Impending flood conditions may result from extended periods of rainfall which saturates or supersaturates the water table and/or cause rivers to crest and breach their banks, or from sudden torrential downpours as are often associated with tropical weather fronts which have the same impact over significantly shorter timeframes. In either case, a common response to imminent flood conditions is to construct one or more temporary barrier(s) to protect homes, stores, offices, and other structures from rising flood waters in order to prevent damage to personal and/or business belongings inside of such structures. For example, sandbags are often filled and placed along the periphery of a structure, particularly adjacent accessways located at or near ground level, such as windows and doors. Alternatively, or in addition to sandbags, temporary dikes or levees may be constructed outward of the perimeter of a structure so as to prevent flow from reaching the structure and/or to redirect floodwaters around the particular structure to a point downstream. Of course, in the event the water table becomes supersaturated, water may rise up above the ground level inside the perimeter of such a dike or levee, thereby providing a source of liquid to enter and damage the structure.
Yet another problem with reliance upon such a temporary barrier in response to an impending flood condition is that there is often a “run” on materials, i.e., sand and sacks needed to make sandbags, or other materials necessary to construct a temporary dike or levee.

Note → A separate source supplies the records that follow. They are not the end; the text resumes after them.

-- ===== src/Handlers/Isolation.antt =====
-- No two handlers work on the same BLOB or the same file.
use data_relay_grpc.Base.{
  ℕ, ◌≡◌, ◌≢◌, refl, sym, ◌∙◌, ◌⊎◌, inl, inr, List, [], ◌∷◌, Option, none, some, arith, Bool-cases,
  subst,
}
use data_relay_grpc.OrderedMap.{find}
use data_relay_grpc.OrderedMap.Holds.{find-assign_cases}
use data_relay_grpc.Text.{text}
use data_relay_grpc.FileSystem.{FilePath}
use data_relay_grpc.TagGenerator.{OpenSsl}
use data_relay_grpc.SessionStore.{SessionStore}
use data_relay_grpc.SessionStore.Usage.{create_blob_file-injective}
use data_relay_grpc.Manager.{Server}
use data_relay_grpc.Manager.History.{IsSound}
use data_relay_grpc.Manager.Growth.{Grows, Step-Grows}
use data_relay_grpc.Relay.{PutStreamingRequest, metadata, chunk, not_set, check_api_version}
use data_relay_grpc.Handlers.{
  Phase, starting, creating, opening, reading, writing, exhausting, discarding, tagging, ended,
  thrown, crashed, accept, step,
}
use data_relay_grpc.Handlers.System.{
  System, IsFitting, advanced, arrives, advances, calls, Reach, here, next,
}
use data_relay_grpc.Handlers.Sharing.{Reach-IsKept}
use data_relay_grpc.Handlers.Apart.{
  upload_file, Owns, IsNamed, IsNamed-Owns, IsNamed-moves, Owns-moves,
}
use data_relay_grpc.Handlers.Passing.{step-Grows, step-Passes}

-- the BLOB that a handler works on
abbrev pub blob_of : Phase → Option ℕ
blob_of (opening m rs bid path) = some bid
blob_of (reading m rs bid path total) = some bid
blob_of (writing m rs bid path total bytes) = some bid
blob_of (exhausting m bid) = some bid
blob_of (tagging m bid) = some bid
blob_of _ = none

-- the file that a handler opens, writes or removes by its path
abbrev pub file_of : Phase → Option FilePath
file_of (opening m rs bid path) = some path
file_of (reading m rs bid path total) = some path
file_of (writing m rs bid path total bytes) = some path
file_of (discarding path) = some path
file_of _ = none

accept_free :
    (rs : List PutStreamingRequest) (st : SessionStore) (n : ℕ)
    → IsNamed st n (accept rs) × ((b : ℕ) → Owns st b (accept rs) → ⊥)
unfolding accept
accept_free [] st n = (tt, (λ b w. w))
accept_free (chunk bytes ∷ rs) st n = (tt, (λ b w. w))
accept_free (not_set ∷ rs) st n = (tt, (λ b w. w))
accept_free (metadata m ∷ rs) st n = elim (Bool-cases (check_api_version m.api_version)) [
  | inl old ↦ rw old (tt, (λ b w. w))
  | inr new ↦ rw new (tt, (λ b w. w))
]

pub find-cons_cases :
    (i j : ℕ) (p q : Phase) (m : List (ℕ × Phase))
    → find j ((i, p) ∷ m) ≡ some q
    → ((i ≡ j) × (p ≡ q)) ⊎ ((i ≢ j) × (find j m ≡ some q))
unfolding find
find-cons_cases i j p q m e = ground arith

pub record IsApart (y : System) : Type 0 where
  pub named :
      (i : ℕ) (p : Phase) → find i y.handlers ≡ some p → IsNamed y.server.store y.server.blob_id p
  pub apart :
      (i j : ℕ) (p q : Phase) (b : ℕ)
      → find i y.handlers ≡ some p
      → find j y.handlers ≡ some q
      → Owns y.server.store b p
      → Owns y.server.store b q
      → i ≡ j

arrives-IsApart :
    (y : System) (i : ℕ) (rs : List PutStreamingRequest)
    → IsApart y
    → IsApart (record { server = y.server; handlers = (i, accept rs) ∷ y.handlers })
arrives-IsApart y i rs h =
    let (named, free) = accept_free rs y.server.store y.server.blob_id in
    let none_free = λ (b : ℕ) (p : Phase) (e : accept rs ≡ p) (w : Owns y.server.store b p).
      free b (subst (Owns y.server.store b) (sym e) w) in
    record {
      named = λ j p at. elim (find-cons_cases i j (accept rs) p y.handlers at) [
        | inl (_, e) ↦ subst (IsNamed y.server.store y.server.blob_id) e named
        | inr (_, old) ↦ h.named j p old
      ];
      apart = λ j k p q b at to w x. elim (find-cons_cases i j (accept rs) p y.handlers at) [
        | inl (_, e) ↦ absurd (none_free b p e w)
        | inr (_, old) ↦ elim (find-cons_cases i k (accept rs) q y.handlers to) [
          | inl (_, e) ↦ absurd (none_free b q e x)
          | inr (_, old') ↦ h.apart j k p q b old old' w x
        ]
      ];
    }

moves-IsApart :
    (y : System) (t : Server)
    → Grows y.server t
    → IsApart y
    → IsApart (record { server = t; handlers = y.handlers })
moves-IsApart y t g h = record {
  named = λ i p at. IsNamed-moves _ _ _ _ p g.settled g.counted (h.named i p at);
  apart = λ i j p q b at to w x.
      h.apart i j p q b at to (Owns-moves _ _ b p g.settled w) (Owns-moves _ _ b q g.settled x);
}

advances-IsApart :
    {lost : ℕ} (o : OpenSsl) (y : System) (i : ℕ) (p : Phase)
    → find i y.handlers ≡ some p
    → IsFitting o p y.server
    → IsSound lost y.server
    → IsApart y
    → IsApart (advanced o i p y)
advances-IsApart o y i p at fits v h =
    let s = y.server in
    let g : Grows s (step o p s).1 = step-Grows o p s fits v in
    let (named, owned) = step-Passes o p s fits v (h.named i p at) in
    let alone : (j : ℕ) (q : Phase) (b : ℕ)
        → find j y.handlers ≡ some q
        → Owns s.store b (step o p s).0
        → Owns s.store b q
        → i ≡ j =
      λ j q b there w x. elim (owned b w) [
        | inl mine ↦ h.apart i j p q b at there mine x
        | inr (new, _) ↦
            absurd (omega (arith, IsNamed-Owns s.store s.blob_id b q (h.named j q there) x))
      ] in
    record {
      named = λ j q to. elim (find-assign_cases i j (step o p s).0 q y.handlers to) [
        | inl (_, e) ↦ subst (IsNamed (step o p s).1.store (step o p s).1.blob_id) e (
            IsNamed-moves _ _ (step o p s).1.blob_id (step o p s).1.blob_id (step o p s).0 g.settled
              (omega arith) named)
        | inr (_, old) ↦ IsNamed-moves _ _ _ _ q g.settled g.counted (h.named j q old)
      ];
      apart = λ j k q r b to from w x.
          let w' = Owns-moves _ _ b q g.settled w in
          let x' = Owns-moves _ _ b r g.settled x in
          elim (find-assign_cases i j (step o p s).0 q y.handlers to) [
            | inl (je, e) ↦ elim (find-assign_cases i k (step o p s).0 r y.handlers from) [
              | inl (ke, _) ↦ sym je ∙ ke
              | inr (_, old) ↦ sym je ∙ alone k r b old (subst (Owns s.store b) (sym e) w') x'
            ]
            | inr (_, old) ↦ elim (find-assign_cases i k (step o p s).0 r y.handlers from) [
              | inl (ke, e) ↦ sym (alone j q b old (subst (Owns s.store b) (sym e) x') w') ∙ ke
              | inr (_, old') ↦ h.apart j k q r b old old' w' x'
            ]
          ];
    }

pub Reach-IsApart :
    {lost : ℕ} (o : OpenSsl) {y z : System}
    → Reach o y z
    → IsSound lost y.server
    → IsApart y
    → IsApart z
Reach-IsApart o here v h = h
Reach-IsApart o (next {z} r (arrives i rs fresh)) v h =
    arrives-IsApart z i rs (Reach-IsApart o r v h)
Reach-IsApart o (next {z} r (advances i {p} at fits)) v h =
    advances-IsApart o z i p at fits (Reach-IsKept o r v).2 (Reach-IsApart o r v h)
Reach-IsApart o (next {z} r (calls {t} st)) v h =
    moves-IsApart z t (Step-Grows st (Reach-IsKept o r v).2) (Reach-IsApart o r v h)

blob_of-Owns : (st : SessionStore) (b : ℕ) (p : Phase) → blob_of p ≡ some b → Owns st b p
blob_of-Owns st b (opening m rs bid path) e = ground arith
blob_of-Owns st b (reading m rs bid path total) e = ground arith
blob_of-Owns st b (writing m rs bid path total bytes) e = ground arith
blob_of-Owns st b (exhausting m bid) e = ground arith
blob_of-Owns st b (tagging m bid) e = ground arith
blob_of-Owns st b (starting m rs) e = cc
blob_of-Owns st b (creating m rs) e = cc
blob_of-Owns st b (discarding path) e = cc
blob_of-Owns st b (ended r) e = cc
blob_of-Owns st b (thrown x) e = cc
blob_of-Owns st b crashed e = cc

file_of-Owns :
    (st : SessionStore) (n : ℕ) (f : FilePath) (p : Phase)
    → IsNamed st n p
    → file_of p ≡ some f
    → (b : ℕ) × (Owns st b p) × (f ≡ upload_file st b)
file_of-Owns st n f (opening m rs bid path) (le, at) e = (bid, refl, cc)
file_of-Owns st n f (reading m rs bid path total) (le, at) e = (bid, refl, cc)
file_of-Owns st n f (writing m rs bid path total bytes) (le, at) e = (bid, refl, cc)
file_of-Owns st n f (discarding path) (b, le, at) e = (b, at, cc)
file_of-Owns st n f (starting m rs) k e = cc
file_of-Owns st n f (creating m rs) k e = cc
file_of-Owns st n f (exhausting m bid) k e = cc
file_of-Owns st n f (tagging m bid) k e = cc
file_of-Owns st n f (ended r) k e = cc
file_of-Owns st n f (thrown x) k e = cc
file_of-Owns st n f crashed k e = cc

-- From a server in order with no handler at work, in every interleaving of the steps of any number
-- of uploads and of calls of the library, in which no id counter wraps, no chunk wraps the sum,
-- the file of an upload that is given up can be removed and calls that remove BLOBs or sessions
-- return, two handlers never work on the same BLOB id, and never open, write or remove by its path
-- the same file.
pub uploads_apart :
    (o : OpenSsl) (s : Server) {z : System} {lost : ℕ}
    → IsSound lost s
    → Reach o (record { server = s; handlers = [] }) z
    → (i j : ℕ) (p q : Phase) → find i z.handlers ≡ some p
    → find j z.handlers ≡ some q
    → i ≢ j
    → ((b : ℕ) → blob_of p ≡ some b → blob_of q ≢ some b)
      × ((f : FilePath) → file_of p ≡ some f → file_of q ≢ some f)
unfolding find
uploads_apart o s {z} v r i j p q at to differ =
    let st = z.server.store in
    let h : IsApart z =
      Reach-IsApart o r v (record { named = λ i p e. cc; apart = λ i j p q b e f w x. cc }) in
    (
      (λ b mine his.
          differ (h.apart i j p q b at to (blob_of-Owns st b p mine) (blob_of-Owns st b q his))),
      (λ f mine his.
          let (b, w, e) = file_of-Owns st z.server.blob_id f p (h.named i p at) mine in
          let (c, x, e') = file_of-Owns st z.server.blob_id f q (h.named j q to) his in
          let same : b ≡ c = create_blob_file-injective st (text "upload") b c (sym e ∙ e') in
          differ (h.apart i j p q b at to w (subst (λ d. Owns st d q) (sym same) x))),
    )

Even in the event the necessary materials are readily available, the construction of one or more temporary barriers is labor intensive and, thus, time consuming, such that it may not be feasible to construct a temporary barrier in advance of potential flood conditions. Furthermore, as the presence of such temporary barriers severely inhibits normal ingress and egress from a structure, they are normally removed once flood conditions subside, thus making it necessary to reconstruct anew in advance of each potential flood event. As a result, and as noted above, it may not always be feasible to construct a temporary barrier in time to prevent significant liquid infiltration into a structure and subsequent damage. The time factor is exacerbated in the case of a rapidly moving severe storm front which may cause unexpected flooding in certain areas, i.e. flash floods, in which there simply is not time to construct any temporary barriers in advance of flooding conditions.

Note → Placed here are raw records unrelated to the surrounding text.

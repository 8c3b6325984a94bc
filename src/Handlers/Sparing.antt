-- ===== src/Handlers/Sparing.antt =====
-- What the steps of handlers, and calls that remove nothing, leave of sessions and BLOBs.
use data_relay_grpc.Base.{
  ℕ, ◌+◌, ◌%◌, ◌≡◌, ◌≢◌, refl, sym, ap, ◌∙◌, inl, inr, List, [], ◌∷◌, Option, none, some, arith,
  Option-cases, Bool-cases, length, subst, ℕ_discrete,
}
use data_relay_grpc.OrderedMap.{find, emplace, assign, AscendsFrom}
use data_relay_grpc.OrderedMap.Lookup.{find-assign, find-emplace, find-erase}
use data_relay_grpc.Text.{Text, text}
use data_relay_grpc.FileSystem.{FilePath, exists}
use data_relay_grpc.TagGenerator.{OpenSsl}
use data_relay_grpc.SessionStore.{word, reserve}
use data_relay_grpc.Session.{
  Blob, SessionImpl, Context, get_new_blob_id, add, create_blob_file, reserve_session_store,
  delete_blob_file,
}
use data_relay_grpc.Session.Deletion.{delete_blob_file_cases}
use data_relay_grpc.Manager.{Manager, Server, create_session, with_session, context}
use data_relay_grpc.Manager.History.{
  Step, creates, adds, creates_blob, reserves, removes, disposes, IsSound,
}
use data_relay_grpc.Outcome.{Outcome, M}
use data_relay_grpc.Relay.{metadata, chunk, not_set}
use data_relay_grpc.Handlers.{
  Phase, starting, creating, opening, reading, writing, exhausting, discarding, tagging, ended,
  thrown, crashed, next_phase, step,
}
use data_relay_grpc.Handlers.Sharing.{
  Has, next_phase_server, open_step_manager, discard_step_manager, write_stream_manager,
  tag_step_manager,
}

emplace_stays :
    {V : Type 0} (k j : ℕ) (v b : V) (m : List (ℕ × V))
    → AscendsFrom 0 m
    → find j m ≡ some b
    → find j (emplace k v m) ≡ some b
emplace_stays k j v b m a at =
    find-emplace j k 0 v m a
    ∙ (elim (ℕ_discrete k j) [ yes same ↦ rw (same, at) (ground arith) | no apart ↦ ground arith ])

assign_stays :
    {V : Type 0} (k j : ℕ) (v b : V) (m : List (ℕ × V))
    → find j m ≡ some b
    → (b' : V) × (find j (assign k v m) ≡ some b')
assign_stays k j v b m at = elim (ℕ_discrete k j) [
  | yes same ↦ (v, ground (arith, find-assign j k v m))
  | no apart ↦ (b, ground (arith, find-assign j k v m))
]

abbrev pub HasSession : Server → ℕ → Type 0
HasSession s sid = (impl : SessionImpl) × (find sid s.blob_sessions ≡ some impl)

-- Sessions stay, and so do all BLOBs but one.
pub record Spares (dropped : Option ℕ) (s t : Server) : Type 0 where
  pub sessions : (sid : ℕ) → HasSession s sid → HasSession t sid
  pub blobs : (sid bid : ℕ) → some bid ≢ dropped → Has s sid bid → Has t sid bid

-- A method leaves the entries of its session, but for one.
abbrev pub Leaves : Option ℕ → Context → Context → Type 0
Leaves dropped c c' =
    (j : ℕ) (b : Blob)
    → some j ≢ dropped
    → find j c.blobs ≡ some b
    → (b' : Blob) × (find j c'.blobs ≡ some b')

same-Spares : {dropped : Option ℕ} (s t : Server) → t.manager ≡ s.manager → Spares dropped s t
same-Spares s t e = record {
  sessions = λ sid (impl, there). (impl, ap (λ (m : Manager). find sid m.blob_sessions) e ∙ there);
  blobs = λ sid bid other (impl, b, there, at).
      (impl, b, ap (λ (m : Manager). find sid m.blob_sessions) e ∙ there, at);
}

method-Spares :
    {A : Type 0} (dropped : Option ℕ) (sid : ℕ) (method : M Context A) (s : Server)
    → ((impl : SessionImpl)
        → find sid s.blob_sessions ≡ some impl
        → Leaves dropped (context s impl) (method (context s impl)).1)
    → Spares dropped s (with_session sid method s).1
unfolding with_session
method-Spares dropped sid method s leaves = elim (Option-cases (find sid s.blob_sessions)) [
  | inl absent ↦ rw (absent, with_session) (same-Spares s s refl)
  | inr (impl, there) ↦
      let c : Context = (method (context s impl)).1 in
      rw (there, with_session)
        (record {
          sessions = λ other (i, at). elim (ℕ_discrete sid other) [
            | yes same ↦ (c.impl, ground (arith, find-assign other sid c.impl s.blob_sessions))
            | no apart ↦ (i, ground (arith, find-assign other sid c.impl s.blob_sessions))
          ];
          blobs = λ other bid differs (i, b, at, has). elim (ℕ_discrete sid other) [
            | yes same ↦
                let mine : i ≡ impl = cc in
                let (b', has') =
                  leaves impl there bid b differs
                    (subst (λ (x : SessionImpl). find bid x.blobs ≡ some b) mine has) in
                (c.impl, b', ground (arith, find-assign other sid c.impl s.blob_sessions), has')
            | no apart ↦ (i, b, ground (arith, find-assign other sid c.impl s.blob_sessions), has)
          ];
        })
]

create_blob_file-Leaves :
    (dropped : Option ℕ) (prefix : Text) (c : Context)
    → AscendsFrom 0 c.blobs
    → Leaves dropped c (create_blob_file prefix c).1
unfolding create_blob_file get_new_blob_id
create_blob_file-Leaves dropped prefix c a j b differs at =
    (b, emplace_stays ((c.blob_id + 1) % word) j _ b c.blobs a at)

add-Leaves :
    (dropped : Option ℕ) (path : FilePath) (c : Context)
    → AscendsFrom 0 c.blobs
    → Leaves dropped c (add path c).1
unfolding add get_new_blob_id
add-Leaves dropped path c a j b differs at = elim (Bool-cases (exists c.file_system path)) [
  | inr absent ↦ rw absent (b, at)
  | inl stands ↦ rw stands (b, emplace_stays ((c.blob_id + 1) % word) j _ b c.blobs a at)
]

reserve_session_store-Leaves :
    (dropped : Option ℕ) (bid size : ℕ) (c : Context)
    → Leaves dropped c (reserve_session_store bid size c).1
unfolding reserve_session_store
reserve_session_store-Leaves dropped bid size c j b differs at =
    elim (Bool-cases (reserve c.store size).0) [
      | inr refused ↦ rw refused (b, at)
      | inl taken ↦ rw taken (elim (Option-cases (find bid c.blobs)) [
        | inl absent ↦ rw absent (b, at)
        | inr (old, there) ↦
            rw there
              (assign_stays bid j (record old { size = (old.size + size) % word }) b c.blobs at)
      ])
    ]

delete_blob_file-Leaves :
    (bid : ℕ) (c : Context) → AscendsFrom 0 c.blobs → Leaves (some bid) c (delete_blob_file bid c).1
delete_blob_file-Leaves bid c a j b differs at =
    let apart : j ≢ bid = λ same. differs (ap some same) in
    elim (delete_blob_file_cases bid c) [
      | inl (_, e) ↦ rw e (b, at)
      | inr (inl (_, fs, _, _, e)) ↦ rw e (b, ground (arith, find-erase j bid 0 c.blobs a))
      | inr (inr (_, _, _, e)) ↦ rw e (b, at)
    ]

-- the BLOB that the next step removes
abbrev pub removed_by : Phase → Option ℕ
removed_by (exhausting m bid) = some bid
removed_by _ = none

call-Spares :
    {A : Type 0} (dropped : Option ℕ) (s : Server) (k : A → Phase) (r : Outcome A × Server)
    → Spares dropped s r.1
    → Spares dropped s (next_phase k r).1
call-Spares dropped s k r = subst (Spares dropped s) (sym (next_phase_server k r))

-- A step of a handler leaves all sessions, and all BLOBs but the one that it gives up.
pub step-Spares :
    {lost : ℕ} (o : OpenSsl) (p : Phase) (s : Server)
    → IsSound lost s
    → Spares (removed_by p) s (step o p s).1
unfolding step
step-Spares o (starting m rs) s v = call-Spares none s _ _ (same-Spares s s refl)
step-Spares o (creating m rs) s v = call-Spares none s _ _ (
    method-Spares none m.session_id (create_blob_file (text "upload")) s (λ impl there.
      create_blob_file-Leaves none (text "upload") (context s impl)
        (v.booked.numbered m.session_id impl there).0))
step-Spares o (opening m rs bid path) s v = same-Spares s _ (open_step_manager m rs bid path s)
step-Spares o (reading m [] bid path total) s v = same-Spares s s refl
step-Spares o (reading m (chunk bytes ∷ rs) bid path total) s v = call-Spares none s _ _ (
    method-Spares none m.session_id (reserve_session_store bid (length bytes)) s
      (λ impl there. reserve_session_store-Leaves none bid (length bytes) (context s impl)))
step-Spares o (reading m (metadata _ ∷ rs) bid path total) s v = same-Spares s s refl
step-Spares o (reading m (not_set ∷ rs) bid path total) s v = same-Spares s s refl
step-Spares o (writing m rs bid path total bytes) s v =
    same-Spares s _ (write_stream_manager path bytes s)
step-Spares o (exhausting m bid) s v = call-Spares (some bid) s _ _ (
    method-Spares (some bid) m.session_id (delete_blob_file bid) s (λ impl there.
      delete_blob_file-Leaves bid (context s impl) (v.booked.numbered m.session_id impl there).0))
step-Spares o (discarding path) s v = same-Spares s _ (discard_step_manager path s)
step-Spares o (tagging m bid) s v = same-Spares s _ (tag_step_manager o m bid s)
step-Spares o (ended r) s v = same-Spares s s refl
step-Spares o (thrown x) s v = same-Spares s s refl
step-Spares o crashed s v = same-Spares s s refl

-- The call removes nothing.
abbrev pub IsQuiet : {s t : Server} → Step s t → Type 0
IsQuiet (removes sid ids e) = ⊥
IsQuiet (disposes sid e) = ⊥
IsQuiet _ = Unit

created-Spares :
    (s : Server) (t : Option ℕ) {lost : ℕ} → IsSound lost s → Spares none s (create_session t s).1
unfolding create_session
created-Spares s t v =
    let id : ℕ = (s.session_id + 1) % word in
    let stays : (sid : ℕ) (impl : SessionImpl)
        → find sid s.blob_sessions ≡ some impl
        → find sid (create_session t s).1.blob_sessions ≡ some impl =
      λ sid impl there.
        emplace_stays id sid (record { session_id = id; transaction_id = t; blobs = [] }) impl
          s.blob_sessions v.registered.sessions_ordered there in
    record {
      sessions = λ sid (impl, there). (impl, stays sid impl there);
      blobs = λ sid bid differs (impl, b, there, at). (impl, b, stays sid impl there, at);
    }

pub Step-Spares :
    {lost : ℕ} {s t : Server} (st : Step s t) → IsQuiet st → IsSound lost s → Spares none s t
Step-Spares {s = s} (creates o fits) q v = created-Spares s o v
Step-Spares {s = s} (adds sid path fits there) q v =
    method-Spares none sid (add path) s
      (λ impl at. add-Leaves none path (context s impl) (v.booked.numbered sid impl at).0)
Step-Spares {s = s} (creates_blob sid prefix fits there) q v =
    method-Spares none sid (create_blob_file prefix) s (λ impl at.
      create_blob_file-Leaves none prefix (context s impl) (v.booked.numbered sid impl at).0)
Step-Spares {s = s} (reserves sid bid size fits there has) q v =
    method-Spares none sid (reserve_session_store bid size) s
      (λ impl at. reserve_session_store-Leaves none bid size (context s impl))
Step-Spares (removes sid ids e) q v = absurd q
Step-Spares (disposes sid e) q v = absurd q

As such, it would be beneficial to provide a barrier assembly that is structured to automatically deploy when conditions produce liquid levels above a predetermined level, wherein the barrier is structured to seal an accessway to a structure, thereby preventing infiltration of floodwater or other free flowing liquid into the structure. Further, it would be helpful if such an assembly were structured such that it automatically returned to a retracted, storage configuration once flood conditions subside, and liquid levels recede below the predetermined level. Another benefit may be realized by providing such a barrier assembly which may be installed adjacent an accessway to a structure in a manner that does not impede normal ingress or egress through the accessway, when the barrier assembly is not deployed in a sealing configuration. In addition, it would be preferable for such an assembly to be constructed so as to support heavy equipment traffic thereover when disposed in a retracted, storage configuration, such heavy traffic including, by way of example only, trucks, fork lifts, etc., such as may traverse an accessway at a commercial facility.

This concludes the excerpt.